2.11 The law should not be interpreted to grant power to the State, thru the DAR, to choose who should benefit from multi-million peso deals involving lands awarded to supposed agrarian reform beneficiaries who then apply for conversion, and thereafter sell the lands as non-agricultural land.
Respondents, in trying to make light of this problem, merely emphasize that CLOAs are not titles. They state that "rampant selling of rights", should this occur, could be remedied by the cancellation or recall by DAR.
In the recent case of "Hon. Carlos O. Fortich, et. al. vs. Hon. Renato C. Corona, et. al." (G.R. No. 131457, April 24, 1998), this Court found the CLOAs given to the respondent farmers to be improperly issued and declared them invalid. Herein petitioner Roxas and Co., Inc. has presented a stronger case than petitioners in the aforementioned case. The procedural problems especially the need for referral to the Court of Appeals are not present. The instant petition questions the Court of Appeals decision which acted on the administrative decisions. The disputed properties in the present case have been declared non-agricultural not so much because of local government action but by Presidential Proclamation. They were found to be non-agricultural by the Department of Agriculture, and through unmistakable implication, by DAR itself. The zonification by the municipal government, approved by the provincial government, is not the only basis.

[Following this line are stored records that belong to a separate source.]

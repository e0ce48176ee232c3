-- ===== src/Svchub/Ring.antt =====
-- src/svchub/svchub_proc.c and svchub_ctrl.c: the ring buffer that keeps a service's output, how it
-- is filled and how it is handed out.
pub mod Read
pub mod Stream
use minibase.Base.{
  ℕ, ◌+◌, ◌-◌, ◌%◌, Option, none, some, [], ◌++◌, ltb, leb, if◌then◌else◌, Bytes, length, take,
  drop,
}
use minibase.Base.Int.{negsuc, is_neg}
use minibase.Base.Memory.{Memory, load, copy_to}
use minibase.Svchub.State.{
  ring_size, Proc, unwatch_fd, close_fd, map_ring, Top, Kernel, logged, proc_at, put_proc,
}

-- `readv` fills the part from `off` to the end of the ring first, then the part before `off`.
unfoldable pub readv_ring : Memory → ℕ → Bytes → Memory
readv_ring ring off bytes =
    copy_to (copy_to ring off (take (ring_size - off) bytes)) 0 (drop (ring_size - off) bytes)

unfoldable pub advance : ℕ → ℕ
advance ptr = if ltb ring_size ptr then ring_size + ptr % ring_size else ptr

-- (A `close` that fails ends the process.)
unfoldable pub close_proc : Top → ℕ → Top
close_proc c i =
    let fd = (proc_at c i).fd in
    if is_neg fd
    then c
    else logged (logged (put_proc c i (record (proc_at c i) { fd = negsuc 0 })) (unwatch_fd fd))
        (close_fd fd)

-- `read` are the bytes that `readv` got, 4096 at most, or none where it failed.
unfoldable pub read_into : Top → ℕ → Memory → ℕ → Option Bytes → Top
unfolding readv_ring advance close_proc
read_into c i ring ptr none = close_proc c i
read_into c i ring ptr (some bytes) = put_proc c i (record (proc_at c i) {
  ring = some (readv_ring ring (ptr % ring_size) bytes);
  ptr = advance (ptr + length bytes);
})

-- a fresh anonymous mapping
abbrev pub zeroed : Memory
zeroed a = 0

-- `pc->buf` decides whether a ring has to be mapped first.
unfoldable pub read_ring : Kernel → Top → ℕ → Option Bytes → Option Memory → Top
unfolding read_into close_proc
read_ring k c i read (some ring) = read_into c i ring (proc_at c i).ptr read
read_ring k c i read none =
    if k.mapped
    then read_into
        (logged (put_proc c i (record (proc_at c i) { ring = some zeroed; ptr = 0 })) map_ring) i
        zeroed 0 read
    else close_proc c i

unfoldable pub check_proc : Kernel → Top → ℕ → Option Bytes → Top
unfolding read_ring
check_proc k c i read = read_ring k c i read (proc_at c i).ring

-- what `cmd_getbuf` sends behind the header: one piece of the ring, or two
unfoldable pub ring_pieces : Memory → ℕ → Bytes
ring_pieces ring ptr =
    let off = ptr % ring_size in
    if leb ptr ring_size
    then load ring 0 ptr
    else load ring off (ring_size - off) ++ load ring 0 off

-- nothing without a ring
unfoldable pub output_of : Option Memory → ℕ → Bytes
unfolding ring_pieces
output_of none ptr = []
output_of (some ring) ptr = ring_pieces ring ptr

abbrev pub ring_output : Proc → Bytes
ring_output p = output_of p.ring p.ptr
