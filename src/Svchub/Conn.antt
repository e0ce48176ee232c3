-- ===== src/Svchub/Conn.antt =====
-- src/svchub/svchub_ctrl.c: the table of connections, and the notice of a service's end.
use minibase.Base.{
  ℕ, zero, suc, ◌+◌, Bool, true, false, not, Option, none, some, List, [], ◌∷◌, leb, ◌==◌,
  if◌then◌else◌,
}
use minibase.Base.Int.{ℤ, pos, negsuc, is_neg}
use minibase.Svchub.State.{
  max_conns, Conn, close_fd, unwatch_fd, watch_fd, send_died, die, Top, Kernel, logged, conn_at,
  put_conn,
}

abbrev pub is_positive : ℤ → Bool
is_positive (pos zero) = false
is_positive (pos (suc n)) = true
is_positive (negsuc n) = false

abbrev pub is_eagain : ℤ → Bool
is_eagain (pos n) = false
is_eagain (negsuc n) = n == 10

unfoldable pub close_conn : Top → ℕ → Top
close_conn c j =
    let fd = (conn_at c j).fd in
    if is_neg fd
    then c
    else logged (logged (put_conn c j (record { fd = negsuc 0; pid = 0 })) (unwatch_fd fd))
        (close_fd fd)

unfoldable pub notify : Kernel → Top → ℕ → Top
unfolding close_conn
notify k c j =
    let fd = (conn_at c j).fd in
    if is_neg fd
    then c
    else if is_positive (k.send fd)
    then logged c (send_died fd)
    else if not (is_eagain (k.send fd))
    then close_conn c j
    else if is_neg (k.writable fd)
    then close_conn c j
    else if is_positive (k.resend fd)
    then logged c (send_died fd)
    else close_conn c j

-- the connections from `j` on that wait for `pid`
unfoldable pub notify_from : Kernel → Top → ℕ → ℕ → ℕ → Top
unfolding notify
notify_from k c zero j pid = c
notify_from k c (suc left) j pid =
    notify_from k (if (conn_at c j).pid == pid then notify k c j else c) left (j + 1) pid

unfoldable pub notify_dead : Kernel → Top → ℕ → Top
unfolding notify_from
notify_dead k c pid = notify_from k c c.nconns 0 pid

unfoldable pub find_free_conn : List Conn → ℕ → ℕ → Option ℕ
find_free_conn [] left j = none
find_free_conn (cn ∷ cns) zero j = none
find_free_conn (cn ∷ cns) (suc left) j =
    let rest = find_free_conn cns left (j + 1) in if is_neg cn.fd then some j else rest

unfoldable pub grab_conn_slot : Top → Option (Top × ℕ)
unfolding find_free_conn
grab_conn_slot c = elim (find_free_conn c.conns c.nconns 0) [
  | some j ↦ some (c, j)
  | none ↦
      if leb max_conns c.nconns then none else some (record c { nconns = c.nconns + 1 }, c.nconns)
]

-- `cfd` is what `accept4` returns.
unfoldable pub check_socket : Top → ℤ → Top
unfolding grab_conn_slot
check_socket c cfd =
    if is_neg cfd then if is_eagain cfd then c else logged c (die []) else elim (grab_conn_slot c) [
      | none ↦ logged c (close_fd cfd)
      | some (c1, j) ↦ logged (put_conn c1 j (record (conn_at c1 j) { fd = cfd })) (watch_fd cfd)
    ]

On a final note, it may not be amiss to stress that laws which have for their object the preservation and maintenance of social justice are not only meant to favor the poor and underprivileged. They apply with equal force to those who, notwithstanding their more comfortable position in life, are equally deserving of protection from the courts. Social justice is not a license to trample on the rights of the rich in the guise of defending the poor, where no act of injustice or abuse is being committed against them. As we held in Land Bank (supra.):
It has been declared that the duty of the court to protect the weak and the underprivileged should not be carried out to such an extent as to deny justice to the landowner whenever truth and justice happen to be on his side. As eloquently stated by Justice Isagani Cruz:
. . . social justice — or any justice for that matter — is for the deserving, whether he be a millionaire in his mansion or a pauper in his hovel. It is true that, in case of reasonable doubt, we are called upon to tilt the balance in favor of the poor simply because they are poor, to whom the Constitution fittingly extends its sympathy and compassion. But never is it justified to prefer the poor simply because they are poor, or to eject the rich simply because they are rich, for justice must always be served, for poor and rich alike, according to the mandate of the law.
IN THE LIGHT OF THE FOREGOING, I vote to grant the petition for certiorari; and to declare Haciendas Palico, Banilad and Caylaway, all situated in Nasugbu, Batangas, to be non-agricultural and outside the scope of Republic Act No. 6657. I further vote to declare the Certificates of Land Ownership Award issued by respondent Department of Agrarian Reform null and void and to enjoin respondents from proceeding with the compulsory acquisition of the lands within the subject properties. I finally vote to DENY the motion for intervention.